Contrary to what some have suggested, "clearing the neighborhood" is not just about mass and gravity. Tidal effects are related to spin. Time between encounters is dependent upon period. Gravitational slingshot is related to orbital speed. When an object is in a slower orbit it has less speed to imbue upon a passing object which would cause it to "clear the neighborhood". In other words, "clearing the neighborhood" is not something a planet does, it's an act the sun performs using one object upon another. If an object's gravity was the only determinant for "clearing the neighborhood" then accretion would be the only logical result, since ejection relies upon more mechanisms and forces than an object's gravity.

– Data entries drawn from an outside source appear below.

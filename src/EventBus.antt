-- ===== src/EventBus.antt =====
-- crates/event-bus/src/lib.rs: the bounded queue of a bus, its calls that do not wait, and the rounds
-- of those that do. A round is what a thread does between taking the lock and waiting or returning;
-- the lock is not poisoned.
pub mod Threads
pub mod Rounds
pub mod Fifo
pub mod Close
use insider_trader.Prelude.{
  ℕ, zero, suc, ltb, ◌==◌, Bool, true, false, ◌&&◌, ◌||◌, not, Option, none, some, List, [], ◌∷◌,
  ◌++◌, length, if◌then◌else◌, Result, ok, err,
}

pub data SendError {ℓ} (T : Type ℓ) : Type ℓ where
  full closed : T → SendError T

pub data RecvError : Type 0 where
  empty drained : RecvError

pub data Sent {ℓ} (T : Type ℓ) : Type ℓ where
  accepted : Sent T
  refused : SendError T → Sent T

pub data Received {ℓ} (T : Type ℓ) : Type ℓ where
  value : T → Received T
  nothing : RecvError → Received T

pub record Bus {ℓ} (T : Type ℓ) : Type ℓ where
  pub capacity : ℕ
  pub queue : List T
  pub is_closed : Bool
  pub receivers : ℕ

module _ {ℓ} {T : Type ℓ} where
  unfoldable pub new_bus : ℕ → Option (Bus T)
  new_bus capacity =
      if ltb 0 capacity
      then some (record { capacity = capacity; queue = []; is_closed = false; receivers = 1 })
      else none

  abbrev pub is_shut : Bus T → Bool
  is_shut b = b.is_closed || (b.receivers == 0)

  abbrev pub push_back : T → Bus T → Bus T
  push_back v b = record b { queue = b.queue ++ (v ∷ []) }

  unfoldable pub try_send : T → Bus T → Sent T × Bus T
  try_send v b =
      if is_shut b
      then (refused (closed v), b)
      else if length b.queue == b.capacity
      then (refused (full v), b)
      else (accepted, push_back v b)

  -- A round of `send`; `none` where the thread waits.
  unfoldable pub send_round : T → Bus T → Option (Sent T × Bus T)
  send_round v b =
      if (length b.queue == b.capacity) && not b.is_closed && ltb 0 b.receivers
      then none
      else if is_shut b
      then some (refused (closed v), b)
      else some (accepted, push_back v b)

  abbrev pub pop_front : List T → Option (T × List T)
  pop_front [] = none
  pop_front (v ∷ vs) = some (v, vs)

  unfoldable pub try_recv : Bus T → Received T × Bus T
  try_recv b = elim (pop_front b.queue) [
    | some (v, vs) ↦ (value v, record b { queue = vs })
    | none ↦ (nothing (if b.is_closed then drained else empty), b)
  ]

  -- A round of `recv`; `none` where the thread waits.
  unfoldable pub recv_round : Bus T → Option (Received T × Bus T)
  recv_round b = elim (pop_front b.queue) [
    | some (v, vs) ↦ some (value v, record b { queue = vs })
    | none ↦ if b.is_closed then some (nothing drained, b) else none
  ]

  abbrev pub close : Bus T → Bus T
  close b = record b { is_closed = true }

Again we come to my primary disagreement, which is that orbital elements define systems and are, therefore, systemic properties, not inherent properties, and I think a definition of a planet should be inherent. A planet should be defined by
what it is instead of
where it is.
Those people who want to argue about what a belt is should look at one. The Kuiper Belt is 2/3 the radial width of the entire up-wind solar system (30AU v. 20AU), and contains almost twice as much planar area (8,873sqAU v. 15,775sqAU). The Kuiper belt is a belt in the same sense that a boilersuit is a belt because it goes around the body. These are not narrow bands but vast regions. Discarding some objects because they exist in these regions of non-empty space makes little sense when you realize the 4 inner "planets" occupy a region with the same radial width as the "asteroid belt" (about 1.2AU for both). However, they have not been discarded because one has not cleared out the other three, outmassed the other three, or cast the other three into resonances. I would say the IAU resolution is inconsistent, except that they have not yet defined what consistency is.